The .js files typically remain unchanged during ISR since they contain the code logic which doesn't change. The .nft.json files also remain unchanged as the dependency structure doesn't change during revalidation.
### Impact on cdk-nextjs
We omit storing .js and .nft.json files in EFS because they're static and don't change. The .js and .nft.json files live in the compute image and are run when `node index.js` runs. They'd be duplicative in EFS. Similarly the .rsc, .html .body, and .meta files are duplicative in the compute image.
## Debugging Containers
If you want to debug the cdk-nextjs builder image and you've run `cdk deploy` locally, then you can run `docker run -it cdk-nextjs/builder:<HASH> /bin/sh` replacing `<HASH>`. You can find out what this is by looking at the logs after you run `cdk deploy`. Note, the builder image is not uploaded to ECR. The built Next.js app inside this container is copied from by the runtime image and assets deployment image.

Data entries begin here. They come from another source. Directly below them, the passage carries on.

-- ===== src/Config/Schema.antt =====
-- harness/config.py: the models. `V` is the type of floats.
use aihomelab.Base.{String, Bool, Option, List}
use aihomelab.Base.Int.{ℤ}

pub record FioGlobal : Type 0 where
  pub ioengine : String
  pub direct : ℤ
  pub time_based : ℤ
  pub runtime : ℤ
  pub ramp_time : ℤ
  pub end_fsync : ℤ
  pub group_reporting : ℤ
  pub size : String

pub data Rw : Type 0 where
  read write randread randwrite readwrite rw_ randrw : Rw

pub record FioJob : Type 0 where
  pub name : String
  pub rw : Rw
  pub bs : String
  pub numjobs : ℤ
  pub iodepth : ℤ
  pub offset_increment : Option String
  pub rwmixread : Option ℤ
  pub size : Option String

pub record FioScenarioSpec : Type 0 where
  pub kind : String
  pub name : String
  pub description : Option String
  pub fio_global : FioGlobal
  pub jobs : List FioJob
  pub drop_caches_between_jobs : Bool
  pub timeout_seconds : Option ℤ

pub record Node : Type 0 where
  pub name : String
  pub ssh : String

pub record Cluster : Type 0 where
  pub nodes : List Node

pub data TargetKind : Type 0 where
  local_nvme lustre nfs gcs : TargetKind

pub record StorageTarget : Type 0 where
  pub name : String
  pub node : String
  pub path : String
  pub kind : TargetKind
  pub capacity_gib : Option ℤ
  pub notes : Option String

pub record VendorSpec (V : Type 0) : Type 0 where
  pub label : Option String
  pub seqwrite_mbps : Option V
  pub seqread_mbps : Option V
  pub randread_iops : Option V
  pub randwrite_iops : Option V

pub record CampaignRun : Type 0 where
  pub scenario : String
  pub target : String
  pub repeat : ℤ

pub data Cleanup : Type 0 where
  after_campaign after_each_run never : Cleanup

pub record Campaign (V : Type 0) : Type 0 where
  pub name : String
  pub description : Option String
  pub cluster : Cluster
  pub targets : List StorageTarget
  pub vendor_spec : Option (VendorSpec V)
  pub runs : List CampaignRun
  pub scenarios_dir : String
  pub cleanup : Cleanup
  pub safety_margin_gib : ℤ
  pub baseline_run_id : Option String

pub record ResolvedRun : Type 0 where
  pub run : CampaignRun
  pub scenario : FioScenarioSpec
  pub target : StorageTarget
  pub scenario_path : String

If you want to debug the assets deployment image you need to run something like: `docker run -it --entrypoint /bin/bash <AWS_ACCOUNT>.dkr.ecr.<AWS_REGION>.amazonaws.com/cdk-hnb659fds-container-assets-<AWS_ACCOUNT>-<AWS_REGION>:<HASH>`. `--entrypoint` is required because the base image is `public.ecr.aws/lambda/nodejs:22`.

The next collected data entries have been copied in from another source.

-- ===== src/Config/Validate.antt =====
-- harness/config.py: the validators. What they raise as a ValueError leaves pydantic as a
-- ValidationError, at the first one that fails.
use aihomelab.Base.{
  distinct, ℕ, suc, String, ◌<>◌, not, ◌&&◌, List, [], ◌∷◌, map, ◌==◌, string_eq, contains, is_some,
  select, order_by, value_error, validation_error, Result, ok, raised, ltb, if◌then◌else◌,
}
use aihomelab.Base.Attempt.{◌>>=◌, ◌>>◌}
use aihomelab.Base.Int.{ℤ, pos, ltb_ℤ, ◌+ℤ◌, ◌*ℤ◌}
use aihomelab.Base.{length}
use aihomelab.Base.Text.{text_lt, repr, repr_list, show, show_ℕ}
use aihomelab.Config.Schema.{FioJob, FioScenarioSpec, Node, StorageTarget, CampaignRun, Campaign}

-- `FioJob._multi_thread_needs_offset`
unfoldable pub validate_job : FioJob → Result FioJob
validate_job j =
    if ltb_ℤ (pos 1) j.numjobs && not (is_some j.offset_increment)
    then raised (
        value_error (
          "job "
          <> (repr j.name
              <> (": numjobs="
                  <> (show j.numjobs
                      <> (" requires offset_increment (threads otherwise share byte ranges and serve from drive "
                          <> "DRAM cache, inflating multi-thread throughput; see experiment 007 gotcha)"))))))
    else ok j

unfoldable pub validate_jobs : List FioJob → Result (List FioJob)
unfolding validate_job
validate_jobs [] = ok []
validate_jobs (j ∷ jobs) = do ok ((← validate_job j) ∷ (← validate_jobs jobs))

abbrev count : String → List String → ℕ
count n [] = 0
count n (m ∷ names) = let rest = count n names in if n == m then suc rest else rest

-- `sorted({n for n in names if names.count(n) > 1})`
unfoldable pub dupes : List String → List String
dupes names = order_by text_lt (select (λ n. ltb 1 (count n names)) (distinct names))

abbrev pub require_unique : {A : Type 0} → String → List String → A → Result A
require_unique what names a = elim (dupes names) [
  | [] ↦ ok a
  | n ∷ rest ↦ raised (value_error (what <> repr_list (n ∷ rest)))
]

abbrev job_names : List FioJob → List String
job_names = map (λ j. j.name)

-- `FioScenarioSpec._jobs_non_empty_and_unique`
unfoldable pub jobs_non_empty_and_unique : List FioJob → Result (List FioJob)
jobs_non_empty_and_unique [] = raised (value_error "scenario must declare at least one job")
jobs_non_empty_and_unique (j ∷ jobs) =
    require_unique "duplicate job names: " (job_names (j ∷ jobs)) (j ∷ jobs)

-- `FioScenarioSpec.estimated_runtime_seconds`
unfoldable pub estimated_runtime_seconds : FioScenarioSpec → ℤ
estimated_runtime_seconds s =
    (s.fio_global.ramp_time +ℤ s.fio_global.runtime +ℤ pos 5) *ℤ pos (length s.jobs)

-- `Cluster._node_names_unique`
unfoldable pub node_names_unique : List Node → Result (List Node)
node_names_unique v = require_unique "duplicate node names: " (map (λ n. n.name) v) v

abbrev pub node_names : {V : Type 0} → Campaign V → List String
node_names c = map (λ n. n.name) c.cluster.nodes

abbrev pub target_names : {V : Type 0} → Campaign V → List String
target_names c = map (λ t. t.name) c.targets

unfoldable pub check_targets : List String → List StorageTarget → Result (Unit {0})
check_targets nodes [] = ok tt
check_targets nodes (t ∷ targets) =
    let rest = check_targets nodes targets in
    if contains t.node nodes
    then rest
    else raised (
        value_error (
          "target "
          <> (repr t.name
              <> (": node "
                  <> (repr t.node
                      <> (" not in cluster.nodes ("
                          <> (repr_list (order_by text_lt nodes) <> ")")))))))

unfoldable pub check_runs : List String → ℕ → List CampaignRun → Result (Unit {0})
check_runs targets i [] = ok tt
check_runs targets i (r ∷ runs) =
    let rest = check_runs targets (suc i) runs in
    if contains r.target targets
    then rest
    else raised (
        value_error (
          "runs["
          <> (show_ℕ i
              <> ("]: target "
                  <> (repr r.target
                      <> (" not in campaign.targets ("
                          <> (repr_list (order_by text_lt targets) <> ")")))))))

-- `Campaign._cross_refs`
unfoldable pub cross_refs : {V : Type 0} → Campaign V → Result (Campaign V)
unfolding check_targets check_runs
cross_refs c = do
  require_unique "duplicate target names: " (target_names c) c
  check_targets (node_names c) c.targets
  check_runs (target_names c) 0 c.runs
  ok c

-- pydantic reports what a validator raises.
abbrev pub reported : {A : Type 0} → Result A → Result A
reported (ok a) = ok a
reported (raised (value_error m)) = raised (validation_error m)
reported (raised e) = raised e

unfoldable pub validate_scenario : FioScenarioSpec → Result FioScenarioSpec
unfolding validate_jobs jobs_non_empty_and_unique
validate_scenario s =
    reported (do jobs ← validate_jobs s.jobs; jobs_non_empty_and_unique jobs; ok s)

unfoldable pub validate_campaign : {V : Type 0} → Campaign V → Result (Campaign V)
unfolding node_names_unique cross_refs
validate_campaign c = reported (do node_names_unique c.cluster.nodes; cross_refs c)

### Authenticating to ECR For Non-Local Built Containers
Sometimes you'll want to run the containers built by cdk-nextjs that were not built locally. You'll run command like: `docker run -it <AWS_ACCOUNT>.dkr.ecr.<AWS_REGION>.amazonaws.com/cdk-hnb659fds-container-assets-<AWS_ACCOUNT>-<AWS_REGION>:<HASH> /bin/sh`. In order to authenticate, you'll need to update your `~/.docker/config.json`. Assuming you're using macOS and [Rancher Desktop](https://rancherdesktop.io/) which by default includes the [amazon-ecr-credential-helper](https://github.com/awslabs/amazon-ecr-credential-helper). Here is example below:
```json
{
"auths": {
"<AWS_ACCOUNT>.dkr.ecr.<AWS_REGION>.amazonaws.com": {}
},
"credsStore": "osxkeychain",
"credHelpers": {
"<AWS_ACCOUNT>.dkr.ecr.<AWS_REGION>.amazonaws.com": "ecr-login"
},
"currentContext": "rancher-desktop"
}
```
NOTE, you'll need to remove `credsHelpers` when you want to use `cdk deploy` again because CDK is not compatible with `amazon-ecr-credential-helper`. I recommend just renaming to `_credsHelpers` so you can quickly use it again if needed.
## builder.Dockerfile
It's recommended by Docker [here](https://docs.docker.com/reference/dockerfile/#env) to limit scope of env vars. So for builder.Dockerfile injection, we don't do `ENV {{INJECT_CDK_NEXTJS_BUILD_ENV_VARS}}`, rather we do `RUN {{INJECT_CDK_NEXTJS_BUILD_ENV_VARS}} next build`.